Ethan Mollick’s name for the third option beyond tool and rival—the deliberate partnership between human judgment and machine capability in which neither party alone can achieve what both together produce.
The dominant frames for thinking about advanced AI treat intelligence as a scarce, zero-sum resource. In the first frame, the machine is a sophisticated tool: inert, deterministic, doing exactly what it is told. In the second, the machine is a rival: a competitor for the cognitive work that defines human worth, its advance up the capability axis a direct threat to every human practitioner below the waterline. Mollick rejects both because both misdescribe the actual experience of using these systems. The systems do not behave like tools: they surprise, they improvise, they occasionally produce something better than what was asked for and occasionally produce something confidently wrong, and they present every surface cue of a personality, however much the practitioner knows the personality is an artifact of statistical training. Nor do they behave like rivals: they have no projects of their own, no stake in the outcome, no will that competes with the user's. Co-intelligence is Mollick's name for the third option: a partnership between unlike minds whose strengths and weaknesses do not overlap in any familiar pattern, in which the human supplies judgment, context, accountability, and the stubborn knowledge of what actually matters, while the machine supplies breadth, speed, tirelessness, and the capacity to generate a hundred options so the human can find the one good one among them. The word in the title of his 2024 book is his thesis: that the interesting frontier is not the machine alone and not the human alone but the seam between them, and that almost nobody had bothered to study the seam because everyone was too busy arguing about the endpoints. Co-intelligence is a practice as much as a concept, enacted through the four rules Mollick articulates—invite it to the table, stay in the loop, treat it like a person, assume it gets better—and realized in the two working modes he calls the centaur and the cyborg.
Co-Intelligence
Co-Intelligence

In the [YOU] on AI Field Guide

[YOU] on AI asks whether the person doing the amplifying is worth amplifying. Co-intelligence takes that question and turns it operational: given a competent, tireless, occasionally brilliant, occasionally delusional collaborator inside the laptop, what practices allow the partnership to compound rather than corrode? The cycle's beaver metaphor—build dams, maintain them, direct the flow toward life—is a metaphor for co-intelligence: the human is the one who decides what dams to build and whether the resulting pond is good for the ecosystem; the machine is the one who can build faster and at greater scale than any human working alone.

The Cyborg Author
The Cyborg Author

Co-intelligence is also the frame that explains why the BCG study's most consequential finding—the skill leveler effect, in which the worst performers gained the most from AI access—is not straightforwardly good news.
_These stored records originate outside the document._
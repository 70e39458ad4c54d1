-- ===== src/Probe.antt =====
-- certificate_probe.go: the probe of a host over the local listener, and the sink that confirms a
-- candidate by a probe before it hands it on; handshake_context.go: how an observer comes into a
-- handshake.
pub mod Sink
pub mod Safe
pub mod Over
use caddy_storage_redis.Prelude.{
  ℕ, ◌+◌, Bytes, List, [], ◌∷◌, Bool, true, false, not, ◌&&◌, ◌||◌, Option, none, some,
  if◌then◌else◌, equal, codes, length, leb, ltb,
}
use caddy_storage_redis.Go.Hex.{encode_to_string}
use caddy_storage_redis.Go.Strconv.{ℤ, pos, negsuc, atoi}
use caddy_storage_redis.Dict.{find, put, remove, is_some}
use caddy_storage_redis.Health.{MismatchCandidate, valid_health_hostname}
use caddy_storage_redis.Observer.{CertificateObserver, new_certificate_observer}
use caddy_storage_redis.Reporter.Deliver.{CertificateProbeResult, tls_valid, truncate}

-- `net.SplitHostPort`, `net.ParseIP` with `IsLoopback`, and SHA-256
pub record Net : Type 0 where
  pub split_host_port : Bytes → Option (Bytes × Bytes)
  pub is_loopback : Bytes → Bool
  pub sha256 : Bytes → Bytes

abbrev pub tls_alert : Bytes
tls_alert = codes "tls_alert"

abbrev pub certificate_invalid : Bytes
certificate_invalid = codes "certificate_invalid"

-- `LocalCertificateProbe`, less its pool of roots, which only the dialer uses
pub record LocalCertificateProbe : Type 0 where
  pub address : Bytes
  pub client_auth : Bool

-- A connection, with the first peer certificate if there are one and a verified chain, or an error:
-- whether it is one of verification, and the operation of the network error in it, if any.
pub data Dialled : Type 0 where
  connected : Option Bytes → Dialled
  refused : Bool → Option Bytes → Dialled

-- What `Check` is answered: whether the context has ended before, the dialer, the clock, and whether
-- the context has ended after.
pub record ProbeAnswers : Type 0 where
  pub ended : Bool
  pub dialled : Dialled
  pub now : ℕ
  pub ended_after : Bool

abbrev pub is_port : ℤ × Bool → Bool
is_port (pos n, ok) = ok && ltb 0 n && leb n 65535
is_port (negsuc n, ok) = false

module _ (N : Net) where
  -- `validProbeAddress`
  unfoldable pub valid_probe_address : Bytes → Bool
  unfolding atoi
  valid_probe_address address = elim (N.split_host_port address) [
    | none ↦ false
    | some (host, port) ↦ N.is_loopback host && is_port (atoi port)
  ]

  abbrev pub result_of : Bytes → ℕ → Bytes → CertificateProbeResult
  result_of result checked_at served = record {
    result = result;
    checked_at = checked_at;
    served_leaf_sha256 = served;
  }

  -- What the dialer's answer means.
  unfoldable pub classify : ℕ → Bool → Dialled → CertificateProbeResult
  unfolding encode_to_string equal
  classify checked ended (connected none) = result_of [] checked []
  classify checked ended (connected (some raw)) =
      result_of tls_valid checked (encode_to_string (N.sha256 raw))
  classify checked ended (refused verification op) =
      if ended
      then result_of [] checked []
      else if verification
      then result_of certificate_invalid checked []
      else elim op [
        | none ↦ result_of [] checked []
        | some name ↦
            result_of (if equal name (codes "remote error") then tls_alert else []) checked []
      ]

  -- `Check`
  unfoldable pub check : LocalCertificateProbe → ProbeAnswers → Bytes → CertificateProbeResult
  unfolding valid_probe_address classify valid_health_hostname
  check p r hostname =
      if p.client_auth
        || not (valid_health_hostname hostname)
        || r.ended
        || not (valid_probe_address p.address)
      then result_of [] 0 []
      else classify (truncate r.now) r.ended_after r.dialled

  -- `Confirm`
  unfoldable pub confirm : LocalCertificateProbe → ProbeAnswers → Bytes → Bool
  unfolding check equal
  confirm p r hostname =
      let result = (check p r hostname).result in
      equal result tls_alert || equal result certificate_invalid

-- `HandshakeContext`: the observer of a handshake, if its context is given one
unfoldable pub handshake_context : Bool → Bytes → Option CertificateObserver
unfolding valid_health_hostname
handshake_context has_sink server_name =
    if not has_sink || not (valid_health_hostname server_name)
    then none
    else some (new_certificate_observer server_name has_sink)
A skill leveler compresses the talent distribution by lifting the floor toward the ceiling; it democratizes capability. But it also erodes the premium that expertise commands, since the gap between the seasoned professional and the well-equipped novice has narrowed. Co-intelligence as a practice is the response to this compression: deepening the distinctly human contributions that the machine cannot supply—judgment, accountability, the hard private work of figuring out what one actually believes—so that the partnership has something valuable on its human side to compound.

Origin

The concept emerged from Mollick's sustained personal experimentation with AI systems beginning in late 2022 and was developed through the newsletter One Useful Thing before being gathered and extended in Co-Intelligence: Living and Working with AI (2024). The title was a deliberate provocation against both the tool and the rival framings, insisting that neither captured the actual phenomenology of working with these systems—the sense that something like a personality was present, however much the practitioner knew it was an artifact, and the sense that the collaboration produced things neither party contained independently.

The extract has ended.